1-(Difluoromethyl)naphthalene-8-acetonitrile
Beschreibung
1-(Difluormethyl)naphthalin-8-acetonitril ist eine organische Verbindung, die durch das Vorhandensein einer Difluormethylgruppe gekennzeichnet ist, die an einen Naphthalinring gebunden ist, wobei sich ein Acetonitrilsubstituent in der 8-Position befindet.
Eigenschaften
Molekularformel |
C13H9F2N |
|---|---|
Molekulargewicht |
217.21 g/mol |
IUPAC-Name |
2-[8-(difluoromethyl)naphthalen-1-yl]acetonitrile |
InChI |
InChI=1S/C13H9F2N/c14-13(15)11-6-2-5-9-3-1-4-10(7-8-16)12(9)11/h1-6,13H,7H2 |
InChI-Schlüssel |
SBFWYSGNCPLWEC-UHFFFAOYSA-N |
Kanonische SMILES |
C1=CC2=C(C(=C1)CC#N)C(=CC=C2)C(F)F |
Herkunft des Produkts |
United States |
Vorbereitungsmethoden
Die Synthese von 1-(Difluormethyl)naphthalin-8-acetonitril beinhaltet typischerweise Difluormethylierungsreaktionen. Eine gängige Methode ist die Reaktion von Naphthalinderivaten mit Difluorcarbenvorläufern unter bestimmten Bedingungen.

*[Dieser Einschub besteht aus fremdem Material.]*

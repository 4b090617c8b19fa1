-- ===== src/Upload/Compose/Copies.antt =====
-- api-compose-object.go: the copies that `ComposeObjectWithProgress` asks for.
use mefs_sdk_go.Prelude.{
  Sum-cases, ℕ, zero, suc, ◌+◌, ◌-◌, ◌≤◌, ◌≡◌, refl, ap, sym, subst, ◌∙◌, Bool, ◌&&◌, ◌||◌, inl,
  inr, Option, none, some, List, [], ◌∷◌, ◌++◌, arith, length, length-append, ltb, leb, ◌==◌,
  if_intro,
}
use mefs_sdk_go.Upload.Constants.{max_part_size, max_parts_count, max_multipart_put_object_size}
use mefs_sdk_go.Upload.Splits.{parts_required, calculate_even_splits}
use mefs_sdk_go.Upload.Splits.Cover.{Tiles, calculate_even_splits-Tiles}
use mefs_sdk_go.Upload.Compose.{
  Source, Checked, refused, checked, segment_size, record_size, segment_error, is_nil, source_size,
  check_sources, PartCopy, copy_splits, start_of, copy_sources, Plan, refused_with, copied_whole,
  copied_parts, first_is_whole, plan_of, compose_object, ComposeError,
}

abbrev sum : List ℕ → ℕ
sum [] = 0
sum (n ∷ ns) = n + sum ns

-- the parts that the segments need, and the bytes of ranges and of copies
abbrev parts_of : List ℕ → ℕ
parts_of [] = 0
parts_of (n ∷ ns) = parts_required n + parts_of ns

abbrev range_bytes : List (ℕ × ℕ) → ℕ
range_bytes [] = 0
range_bytes ((s, e) ∷ r) = (e + 1 - s) + range_bytes r

abbrev pub copied_bytes : List PartCopy → ℕ
copied_bytes [] = 0
copied_bytes (p ∷ ps) = (p.end' + 1 - p.start) + copied_bytes ps

-- The parts are numbered one after another from `n` on.
abbrev pub Numbered : ℕ → List PartCopy → Type 0
Numbered n [] = Unit
Numbered n (p ∷ ps) = (p.part_index ≡ n) × Numbered (n + 1) ps

Tiles-bytes :
    (lo from to : ℕ) (parts : List (ℕ × ℕ)) → Tiles lo from to parts → from + range_bytes parts ≡ to
Tiles-bytes lo from to [] h = omega (arith, h)
Tiles-bytes lo from to ((s, e) ∷ parts) (a, b, c, d) =
    let rest = Tiles-bytes lo (e + 1) to parts d in omega (arith, rest, a, b, c)

splits_lem :
    (size : ℕ) (start : Option ℕ)
    → (length (calculate_even_splits size start) ≡ parts_required size)
      × (range_bytes (calculate_even_splits size start) ≡ size)
splits_lem zero start = unfold calculate_even_splits parts_required in (omega arith, refl)
splits_lem (suc n) none =
    let (count, tiles) = calculate_even_splits-Tiles (suc n) 0 (omega arith) in
    let bytes = Tiles-bytes _ 0 _ _ tiles in
    unfold calculate_even_splits in (count, omega (arith, bytes))
splits_lem (suc n) (some s) =
    let (count, tiles) = calculate_even_splits-Tiles (suc n) s (omega arith) in
    let bytes = Tiles-bytes _ s _ _ tiles in (count, omega (arith, bytes))

copy_splits_lem :
    (splits : List (ℕ × ℕ)) (n i : ℕ)
    → (length (copy_splits splits n i) ≡ length splits)
      × (copied_bytes (copy_splits splits n i) ≡ range_bytes splits)
      × Numbered n (copy_splits splits n i)
unfolding copy_splits
copy_splits_lem [] n i = (refl, refl, tt)
copy_splits_lem ((s, e) ∷ splits) n i =
    let (count, bytes, order) = copy_splits_lem splits (n + 1) i in
    (ap suc count, ap (◌+◌ (e + 1 - s)) bytes, (refl, order))

copied_bytes-append :
    (ps qs : List PartCopy) → copied_bytes (ps ++ qs) ≡ copied_bytes ps + copied_bytes qs
copied_bytes-append [] qs = omega arith
copied_bytes-append (p ∷ ps) qs = omega (arith, copied_bytes-append ps qs)

Numbered-append :
    (ps qs : List PartCopy) (n : ℕ)
    → Numbered n ps
    → Numbered (n + length ps) qs
    → Numbered n (ps ++ qs)
Numbered-append [] qs n h k = let e : n + 0 ≡ n = omega arith in subst (λ m. Numbered m qs) e k
Numbered-append (p ∷ ps) qs n (h, hs) k =
    let e : n + suc (length ps) ≡ n + 1 + length ps = omega arith in
    (h, Numbered-append ps qs (n + 1) hs (subst (λ m. Numbered m qs) e k))

copy_sources_lem :
    (srcs : List Source) (sizes : List ℕ) (n i : ℕ)
    → length sizes ≡ length srcs
    → (length (copy_sources srcs sizes n i) ≡ parts_of sizes)
      × (copied_bytes (copy_sources srcs sizes n i) ≡ sum sizes)
      × Numbered n (copy_sources srcs sizes n i)
unfolding copy_sources
copy_sources_lem [] [] n i h = (refl, refl, tt)
copy_sources_lem [] (size ∷ sizes) n i h = absurd (omega (arith, h))
copy_sources_lem (src ∷ srcs) [] n i h = absurd (omega (arith, h))
copy_sources_lem (src ∷ srcs) (size ∷ sizes) n i h =
    let splits = calculate_even_splits size (start_of src.range) in
    let here = copy_splits splits n i in
    let later = copy_sources srcs sizes (n + length splits) (i + 1) in
    let (wanted, whole) = splits_lem size (start_of src.range) in
    let (count, bytes, order) = copy_splits_lem splits n i in
    let (counts, sums, orders) =
      copy_sources_lem srcs sizes (n + length splits) (i + 1) (omega (arith, h)) in
    (
      length-append here later ∙ omega (arith, wanted, count, counts),
      copied_bytes-append here later ∙ omega (arith, whole, bytes, sums),
      Numbered-append here later n order (subst (λ m. Numbered (n + m) later) (sym count) orders),
    )

-- The bytes that the sources are asked for: their ranges, or all of them.
abbrev pub wanted_of : Source → ℕ
wanted_of src = elim src.range [
  | none ↦ elim src.size [ none ↦ 0 | some n ↦ n ]
  | some r ↦ r.1 + 1 - r.0
]

abbrev pub wanted_bytes : List Source → ℕ
wanted_bytes [] = 0
wanted_bytes (src ∷ srcs) = wanted_of src + wanted_bytes srcs

-- What the checks say of the sizes that they record, from the totals so far.
abbrev Sums : List Source → ℕ → ℕ → Checked → Type 0
Sums srcs total_size total_parts (refused e) = Unit
Sums srcs total_size total_parts (checked sizes total_size' total_parts') =
    (length sizes ≡ length srcs)
    × (sum sizes ≡ wanted_bytes srcs)
    × (total_size' ≡ total_size + sum sizes)
    × (total_parts' ≡ total_parts + parts_of sizes)
    × (total_size' ≤ max_multipart_put_object_size)
    × (total_parts' ≤ max_parts_count)

sizes_lem :
    (many : Bool) (size : Option ℕ) (encrypted : Bool) (range : Option (ℕ × ℕ)) (n : ℕ)
    → source_size many (record { size = size; is_encrypted = encrypted; range = range }) ≡ inr n
    → n ≡ wanted_of (record { size = size; is_encrypted = encrypted; range = range })
unfolding source_size segment_size
sizes_lem many none encrypted range n h = cc
sizes_lem many (some whole) encrypted none n h = ground arith
sizes_lem many (some whole) encrypted (some r) n h = ground arith

segment_error_lem :
    (is_last : Bool) (size total_size total_parts : ℕ)
    → segment_error is_last size total_size total_parts ≡ none
    → (total_size ≤ max_multipart_put_object_size) × (total_parts ≤ max_parts_count)
unfolding segment_error
segment_error_lem is_last size total_size total_parts h = ground arith

step-Sums :
    (src : Source) (srcs : List Source) (total_size total_parts n : ℕ) (later : Checked)
    (e : Option ComposeError)
    → n ≡ wanted_of src
    → (e ≡ none → Sums srcs (total_size + n) (total_parts + parts_required n) later)
    → Sums
        (src ∷ srcs)
        total_size
        total_parts
        (elim e [ some e' ↦ refused e' | none ↦ record_size n later ])
step-Sums src srcs total_size total_parts n later (some e) w h = tt
step-Sums src srcs total_size total_parts n (refused e) none w h = tt
step-Sums src srcs total_size total_parts n (checked sizes ts tp) none w h =
    let (count, sums, size, parts, small, few) = h refl in
    (ap suc count, omega (arith, sums, w), omega (arith, size), omega (arith, parts), small, few)

check_sources-Sums :
    (srcs : List Source) (many : Bool) (total_size total_parts : ℕ)
    → total_size ≤ max_multipart_put_object_size
    → total_parts ≤ max_parts_count
    → Sums srcs total_size total_parts (check_sources srcs many total_size total_parts)
unfolding check_sources
check_sources-Sums [] many total_size total_parts small few =
    (refl, refl, omega arith, omega arith, small, few)
check_sources-Sums (src ∷ srcs) many total_size total_parts small few =
    elim (Sum-cases (source_size many src)) [
      | inl (e, h) ↦ rw (h, check_sources) tt
      | inr (n, h) ↦
          let later = check_sources srcs many (total_size + n) (total_parts + parts_required n) in
          let e = segment_error (is_nil srcs) n (total_size + n) (total_parts + parts_required n) in
          rw (h, check_sources)
            (step-Sums src srcs total_size total_parts n later e
              (sizes_lem many src.size src.is_encrypted src.range n h)
              (λ fine.
                let (small', few') = segment_error_lem (is_nil srcs) n _ _ fine in
                check_sources-Sums srcs many _ _ small' few'))
    ]

-- The copies of a plan, or none.
abbrev pub IsLaid : List Source → Plan → Type 0
IsLaid srcs (refused_with e) = Unit
IsLaid srcs copied_whole = wanted_bytes srcs ≤ max_part_size
IsLaid srcs (copied_parts ps) =
    Numbered 1 ps
    × (copied_bytes ps ≡ wanted_bytes srcs)
    × (length ps ≤ max_parts_count)
    × (wanted_bytes srcs ≤ max_multipart_put_object_size)

plan_of-IsLaid : (srcs : List Source) (c : Checked) → Sums srcs 0 0 c → IsLaid srcs (plan_of srcs c)
unfolding plan_of
plan_of-IsLaid srcs (refused e) h = tt
plan_of-IsLaid srcs (checked sizes total_size total_parts) h =
    let (count, sums, size, parts, small, few) = h in
    let (counts, bytes, order) = copy_sources_lem srcs sizes 1 0 count in
    if_intro (IsLaid srcs)
      ((total_parts == 1 && first_is_whole srcs && leb total_size max_part_size) || total_size == 0)
      _ _ (λ whole. ground (arith, sums, size))
      (λ split. (order, bytes ∙ sums, omega (arith, counts, parts), omega (arith, sums, size)))

-- Whatever the sources, the plan of `ComposeObjectWithProgress` is an error, a copy of at most 5 GiB
-- in one request, or copies of parts that are numbered from 1 on, of which there are at most 10000,
-- and which hold together as many bytes as the sources are asked for, at most 5 TiB.
pub compose_object-IsLaid : (srcs : List Source) → IsLaid srcs (compose_object srcs)
unfolding compose_object
compose_object-IsLaid srcs =
    if_intro (IsLaid srcs) (ltb (length srcs) 1 || ltb max_parts_count (length srcs)) _ _
      (λ wrong. tt)
      (λ right.
        plan_of-IsLaid srcs _
          (check_sources-Sums srcs (ltb 1 (length srcs)) 0 0 (omega arith) (omega arith)))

Industrielle Produktionsverfahren können die Verwendung von metallbasierten Katalysatoren umfassen, um die Übertragung der Difluormethylgruppe auf den Naphthalinring zu erleichtern .
Analyse Chemischer Reaktionen
1-(Difluormethyl)naphthalin-8-acetonitril unterliegt verschiedenen chemischen Reaktionen, darunter:
Oxidation: Diese Verbindung kann zu entsprechenden Naphthochinonen oxidiert werden.
Reduktion: Reduktionsreaktionen können die Nitrilgruppe in primäre Amine umwandeln.
Substitution: Elektrophile Substitutionsreaktionen können am Naphthalinring auftreten, was zur Bildung verschiedener substituierter Derivate führt.
Häufig verwendete Reagenzien in diesen Reaktionen sind Oxidationsmittel wie Kaliumpermanganat, Reduktionsmittel wie Lithiumaluminiumhydrid und Elektrophile wie Halogene .
Wissenschaftliche Forschungsanwendungen
1-(Difluormethyl)naphthalin-8-acetonitril hat mehrere Anwendungen in der wissenschaftlichen Forschung:
Chemie: Es wird als Baustein bei der Synthese komplexerer organischer Moleküle verwendet.
Biologie: Die Derivate der Verbindung werden auf ihre potenziellen biologischen Aktivitäten untersucht, darunter antimikrobielle und Antikrebsaktivitäten.
Medizin: Die Forschung ist im Gange, um ihre Verwendung in der Medikamentenentwicklung zu untersuchen, insbesondere für die gezielte Ansteuerung bestimmter Enzyme und Rezeptoren.
Wirkmechanismus
Der Wirkmechanismus von 1-(Difluormethyl)naphthalin-8-acetonitril beinhaltet seine Wechselwirkung mit molekularen Zielstrukturen über seine Difluormethyl- und Nitrilgruppen. Diese Wechselwirkungen können die Aktivität von Enzymen und Rezeptoren modulieren und zu verschiedenen biologischen Wirkungen führen. Die Fähigkeit der Verbindung, stabile Komplexe mit Metallionen zu bilden, spielt ebenfalls eine Rolle bei ihrem Wirkmechanismus .
Wirkmechanismus
The mechanism of action of 1-(Difluoromethyl)naphthalene-8-acetonitrile involves its interaction with molecular targets through its difluoromethyl and nitrile groups. These interactions can modulate the activity of enzymes and receptors, leading to various biological effects. The compound’s ability to form stable complexes with metal ions also plays a role in its mechanism of action .
Vergleich Mit ähnlichen Verbindungen
1-(Difluormethyl)naphthalin-8-acetonitril kann mit anderen difluormethylierten Naphthalinderivaten verglichen werden, wie z. B.:
- 1-(Difluormethyl)naphthalin-7-acetonitril
- 1-(Difluormethyl)naphthalin-6-acetonitril
Diese Verbindungen weisen ähnliche strukturelle Merkmale auf, unterscheiden sich jedoch in der Position der Acetonitrilgruppe am Naphthalinring.